One stage exchange provides marked reduction of patients discomfort and costs but is performed only rarely due to a multitude of risks and disadvantages, related to the mandatory use of antibiotic loaded cement for fixation. Cemented revisions generally show inferior long term results compared to uncemented techniques; the addition of antibiotics to cement reduces its biomechanical properties. The release of antibiotics from cement is too short-lived and concentrations are too low for reliable eradication of eventually remaining pathogens, especially when they are embedded within biofilms. PMMA has been shown to be the ideal substrate for bacterial attachment and replication of sessile bacterial phenotypes. Aging cement releases antibiotics in subinhibitory amounts, leading to antibiotic resistance of adherent bacteria even years after implantation. Whenever a new prosthesis is implanted into a previously infected site the surgeon must be aware of increased risk of failure, both in single or two stage revisions. Eventual removal therefore should be easy with low risk of additional damage to the bony substance in such a case. On the other hand it should also have potential of a good long term result in case of success. Cemented systems seem to be less likely for that purpose since efficient cementing techniques will result in tight bonding with the underlying bone. Eventual removal such will be time consuming and possibly associated with further damage to the osseous structures.

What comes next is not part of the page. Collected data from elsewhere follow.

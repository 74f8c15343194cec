-- ===== src/Data/Status.antt =====
-- The enumerations of prisma/schema.prisma and their equality tests (`===`, `includes`, `Set.has`).
use guardian_backend_service.Prelude.{ℕ, ◌≡◌, ◌↔◌, Bool, true, arith, ◌==◌, Eq}

pub data AssignmentStatus : Type 0 where
  offered accepted declined expired en_route on_site : AssignmentStatus
  early_release_requested replacement_requested awaiting_relief : AssignmentStatus
  completed no_show cancelled : AssignmentStatus

pub data JobStatus : Type 0 where
  pending dispatching partially_assigned assigned in_progress : JobStatus
  seeking_replacement awaiting_confirmation completed failed cancelled : JobStatus

pub data ShiftStatus : Type 0 where
  available busy paused off_duty suspended : ShiftStatus

pub data EarlyReleaseResolution : Type 0 where
  approved rejected auto_approved : EarlyReleaseResolution

pub data ReplacementResolution : Type 0 where
  approved denied : ReplacementResolution

pub data PayPolicyModel : Type 0 where
  actual_time minimum_guaranteed : PayPolicyModel

pub data BillingPolicyModel : Type 0 where
  booked_block actual_time minimum_guaranteed : BillingPolicyModel

pub data NoShowTriggerType : Type 0 where
  manual system : NoShowTriggerType

pub data RoleCode : Type 0 where
  super_admin ops_admin client_owner client_staff guardian : RoleCode

abbrev pub assignment_rank : AssignmentStatus → ℕ
assignment_rank AssignmentStatus.offered = 0
assignment_rank AssignmentStatus.accepted = 1
assignment_rank AssignmentStatus.declined = 2
assignment_rank AssignmentStatus.expired = 3
assignment_rank AssignmentStatus.en_route = 4
assignment_rank AssignmentStatus.on_site = 5
assignment_rank AssignmentStatus.early_release_requested = 6
assignment_rank AssignmentStatus.replacement_requested = 7
assignment_rank AssignmentStatus.awaiting_relief = 8
assignment_rank AssignmentStatus.completed = 9
assignment_rank AssignmentStatus.no_show = 10
assignment_rank AssignmentStatus.cancelled = 11

abbrev pub same_assignment : AssignmentStatus → AssignmentStatus → Bool
same_assignment a b = assignment_rank a == assignment_rank b

pub same_assignment_iff : (a b : AssignmentStatus) → (same_assignment a b ≡ true) ↔ (a ≡ b)
same_assignment_iff a b = (λ h. ground arith, λ h. ground arith)

instance abbrev pub assignment_eq : Eq AssignmentStatus
assignment_eq = record { beq = same_assignment; beq_iff = same_assignment_iff }

abbrev pub job_rank : JobStatus → ℕ
job_rank JobStatus.pending = 0
job_rank JobStatus.dispatching = 1
job_rank JobStatus.partially_assigned = 2
job_rank JobStatus.assigned = 3
job_rank JobStatus.in_progress = 4
job_rank JobStatus.seeking_replacement = 5
job_rank JobStatus.awaiting_confirmation = 6
job_rank JobStatus.completed = 7
job_rank JobStatus.failed = 8
job_rank JobStatus.cancelled = 9

abbrev pub same_job : JobStatus → JobStatus → Bool
same_job a b = job_rank a == job_rank b

pub same_job_iff : (a b : JobStatus) → (same_job a b ≡ true) ↔ (a ≡ b)
same_job_iff a b = (λ h. ground arith, λ h. ground arith)

instance abbrev pub job_eq : Eq JobStatus
job_eq = record { beq = same_job; beq_iff = same_job_iff }

abbrev pub shift_rank : ShiftStatus → ℕ
shift_rank ShiftStatus.available = 0
shift_rank ShiftStatus.busy = 1
shift_rank ShiftStatus.paused = 2
shift_rank ShiftStatus.off_duty = 3
shift_rank ShiftStatus.suspended = 4

abbrev pub same_shift : ShiftStatus → ShiftStatus → Bool
same_shift a b = shift_rank a == shift_rank b

pub same_shift_iff : (a b : ShiftStatus) → (same_shift a b ≡ true) ↔ (a ≡ b)
same_shift_iff a b = (λ h. ground arith, λ h. ground arith)

instance abbrev pub shift_eq : Eq ShiftStatus
shift_eq = record { beq = same_shift; beq_iff = same_shift_iff }

abbrev pub early_release_rank : EarlyReleaseResolution → ℕ
early_release_rank EarlyReleaseResolution.approved = 0
early_release_rank EarlyReleaseResolution.rejected = 1
early_release_rank EarlyReleaseResolution.auto_approved = 2

abbrev pub same_early_release : EarlyReleaseResolution → EarlyReleaseResolution → Bool
same_early_release a b = early_release_rank a == early_release_rank b

pub same_early_release_iff :
    (a b : EarlyReleaseResolution) → (same_early_release a b ≡ true) ↔ (a ≡ b)
same_early_release_iff a b = (λ h. ground arith, λ h. ground arith)

instance abbrev pub early_release_eq : Eq EarlyReleaseResolution
early_release_eq = record { beq = same_early_release; beq_iff = same_early_release_iff }

abbrev pub role_rank : RoleCode → ℕ
role_rank RoleCode.super_admin = 0
role_rank RoleCode.ops_admin = 1
role_rank RoleCode.client_owner = 2
role_rank RoleCode.client_staff = 3
role_rank RoleCode.guardian = 4

abbrev pub same_role : RoleCode → RoleCode → Bool
same_role a b = role_rank a == role_rank b

pub same_role_iff : (a b : RoleCode) → (same_role a b ≡ true) ↔ (a ≡ b)
same_role_iff a b = (λ h. ground arith, λ h. ground arith)

instance abbrev pub role_eq : Eq RoleCode
role_eq = record { beq = same_role; beq_iff = same_role_iff }
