-- ===== src/Data/Rows.antt =====
-- The rows that the job workflow reads and writes (prisma/schema.prisma). A time is in
-- milliseconds, a rate or a number of hours that is a Decimal(_, 2) in hundredths, an id is a
-- number. A district is its normal form, trimmed and in lower case, which is only compared: a number,
-- which a job has from its location; `district_name` is the district as it is written there. The columns that no modelled code reads are left out.
use guardian_backend_service.Prelude.{
  ℕ, Bool, true, Option, String, List, Eq, ◌≡◌, ◌↔◌, ◌==◌, arith,
}
use guardian_backend_service.Data.Status.{
  AssignmentStatus, JobStatus, ShiftStatus, EarlyReleaseResolution, ReplacementResolution,
  PayPolicyModel, BillingPolicyModel, NoShowTriggerType, RoleCode,
}

pub data DispatchFailureReason : Type 0 where
  dispatch_timeout dispatch_pool_exhausted dispatch_no_eligible_guardians : DispatchFailureReason
  dispatch_unreachable_pool dispatch_max_offers_exceeded : DispatchFailureReason
  replacement_dispatch_exhausted replacement_dispatch_timeout : DispatchFailureReason

pub data NoShowReasonCode : Type 0 where
  client_unreachable client_cancelled_at_door access_blocked : NoShowReasonCode
  client_not_present safety_risk other : NoShowReasonCode

pub record Assignment : Type 0 where
  pub job_id : ℕ
  pub guardian_id : ℕ
  pub status : AssignmentStatus
  pub version_number : ℕ
  pub expires_at : ℕ
  pub accepted_at : Option ℕ
  pub arrived_at : Option ℕ
  pub completed_at : Option ℕ
  pub no_show_reason : Option String
  pub no_show_reason_code : Option NoShowReasonCode
  pub no_show_trigger_type : Option NoShowTriggerType
  pub no_show_reported_by_user_id : Option ℕ
  pub no_show_reported_by_role : Option RoleCode
  pub no_show_at : Option ℕ
  pub early_release_requested_at : Option ℕ
  pub early_release_reason : Option String
  pub early_release_resolved_at : Option ℕ
  pub early_release_resolution : Option EarlyReleaseResolution
  pub early_release_auto_approve_at : Option ℕ
  pub replacement_requested_at : Option ℕ
  pub replacement_reason : Option String
  pub replacement_resolved_at : Option ℕ
  pub replacement_resolution : Option ReplacementResolution
  pub replacement_resolved_by_user_id : Option ℕ
  pub replaces_assignment_id : Option ℕ
  pub pay_policy_model : Option PayPolicyModel
  pub pay_minimum_hours : Option ℕ
  pub pay_policy_resolved_at : Option ℕ
  pub hourly_pay_rate_at_commit : Option ℕ
  pub pay_apply_on_early_release : Option Bool

pub record Job : Type 0 where
  pub organization_id : ℕ
  pub job_type : ℕ
  pub status : JobStatus
  pub requested_guardian_count : ℕ
  pub scheduled_start : ℕ
  pub scheduled_end : ℕ
  pub dispatch_deadline_at : Option ℕ
  pub dispatch_started_at : Option ℕ
  pub dispatch_failure_reason : Option DispatchFailureReason
  pub unreachable_since : Option ℕ
  pub offers_sent_count : ℕ
  pub dispatch_attempts : ℕ
  pub district : ℕ
  pub district_name : ℕ
  pub billing_policy_model : Option BillingPolicyModel
  pub billing_minimum_hours : Option ℕ
  pub billing_allow_early_release : Option Bool
  pub billing_proration_enabled : Option Bool
  pub billing_early_release_requires_client_approval : Option Bool
  pub billing_auto_approve_after_minutes : Option ℕ
  pub replacement_departing_assignment_id : Option ℕ

pub record ShiftState : Type 0 where
  pub shift_status : ShiftStatus
  pub available_for_jobs : Bool
  pub shift_started_at : Option ℕ
  pub shift_ends_at : Option ℕ

-- `verificationStatus === VERIFIED`, and the expiry date
pub record Certification : Type 0 where
  pub is_verified : Bool
  pub expiry_date : Option ℕ

-- `status === ACTIVE`, `verificationStatus === VERIFIED`, the certifications, the terms of pay, and
-- the district of the base with those that are covered
pub record Guardian : Type 0 where
  pub is_active : Bool
  pub is_verified : Bool
  pub certifications : List Certification
  pub employment_type : ℕ
  pub hourly_pay_rate : Option ℕ
  pub pay_currency : String
  pub districts : List ℕ
  pub reliability_score : ℕ

pub record PayPolicy : Type 0 where
  pub job_type : Option ℕ
  pub employment_type : Option ℕ
  pub valid_from : ℕ
  pub valid_until : Option ℕ
  pub priority : ℕ
  pub model : PayPolicyModel
  pub minimum_hours : ℕ
  pub apply_on_early_release : Bool

-- a row of job_status_history
pub record StatusChange : Type 0 where
  pub job_id : ℕ
  pub old_status : Option JobStatus
  pub new_status : JobStatus
  pub changed_by : Option ℕ
  pub reason : Option String

pub data OutboxStatus : Type 0 where
  pending processing completed failed dead_letter : OutboxStatus

abbrev pub outbox_rank : OutboxStatus → ℕ
outbox_rank OutboxStatus.pending = 0
outbox_rank OutboxStatus.processing = 1
outbox_rank OutboxStatus.completed = 2
outbox_rank OutboxStatus.failed = 3
outbox_rank OutboxStatus.dead_letter = 4

abbrev pub same_outbox : OutboxStatus → OutboxStatus → Bool
same_outbox a b = outbox_rank a == outbox_rank b

pub same_outbox_iff : (a b : OutboxStatus) → (same_outbox a b ≡ true) ↔ (a ≡ b)
same_outbox_iff a b = (λ h. ground arith, λ h. ground arith)

instance abbrev pub outbox_eq : Eq OutboxStatus
outbox_eq = record { beq = same_outbox; beq_iff = same_outbox_iff }

-- the events that the workflow enqueues: their type with their payload
pub data OutboxPayload : Type 0 where
  dispatch_job : ℕ → OutboxPayload
  dispatch_refill : ℕ → OutboxPayload
  dispatch_replacement : ℕ → Bool → OutboxPayload
  billing_auto_confirm : ℕ → OutboxPayload

pub record OutboxEvent : Type 0 where
  pub payload : OutboxPayload
  pub status : OutboxStatus
  pub retries : ℕ
  pub scheduled_at : ℕ

pub record AuditEntry : Type 0 where
  pub actor_user_id : Option ℕ
  pub action : String
  pub entity_id : ℕ

-- a call of EmailNotificationService or NotificationsService: to whom, which template or title,
-- about which entity
pub data Notice : Type 0 where
  email_org_owners in_app_org_owners in_app_guardian : ℕ → String → ℕ → Notice
  email_guardian : ℕ → String → ℕ → Notice
  email_ops_admins in_app_ops_admins : String → ℕ → Notice

pub record AuthUser : Type 0 where
  pub sub : ℕ
  pub roles : List RoleCode
  pub guardian_id : Option ℕ
  pub active_org_id : Option ℕ
  pub org_id : Option ℕ
  pub organization_ids : List ℕ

Allograft bone may be impregnated with high loads of antibiotics using special incubation techniques. The storage capacities and pharmacological kinetics of the resulting antibiotic bone compound (ABC) are more advantageous than the ones of antibiotic loaded cement. ABC provides local concentrations exceeding those of cement by more than a 100 fold and efficient release is prolonged for several weeks. The same time they are likely to restore bone stock, which usually is compromised after removal of an infected endoprosthesis. ABC may be combined with uncemented implants which in case of a failure markedly facilitates their removal. There is reduced risk of creating resistances since the stored antibiotics are eluted completely and elution is terminated after several weeks.

Based on this technology new protocols for one stage exchange of infected TJR have been established, both for hips and knees. Bone voids surrounding the implants are filled with antibiotic impregnated bone graft; uncemented implants are fixed in original bone. Recent studies indicate an overall success rate of more than 90% without any adverse side effects. Incorporation of allografts appears as after grafting with unimpregnated bone grafts. The favourable results have initiated extension of the technique to simultaneous reconstruction of large septic defects using impregnated bulk allografts.

Antibiotic loaded bone graft seems to provide sufficient local antibiosis for protection against colonisation of uncemented implants, the eluted amounts of antibiotics are likely to eliminate biofilm remnants, dead space management is more complete and defects may be reconstructed efficiently. One stage revision such should be at least comparably save as multiple stage procedures, taking advantage of the obvious benefits for patients and economy.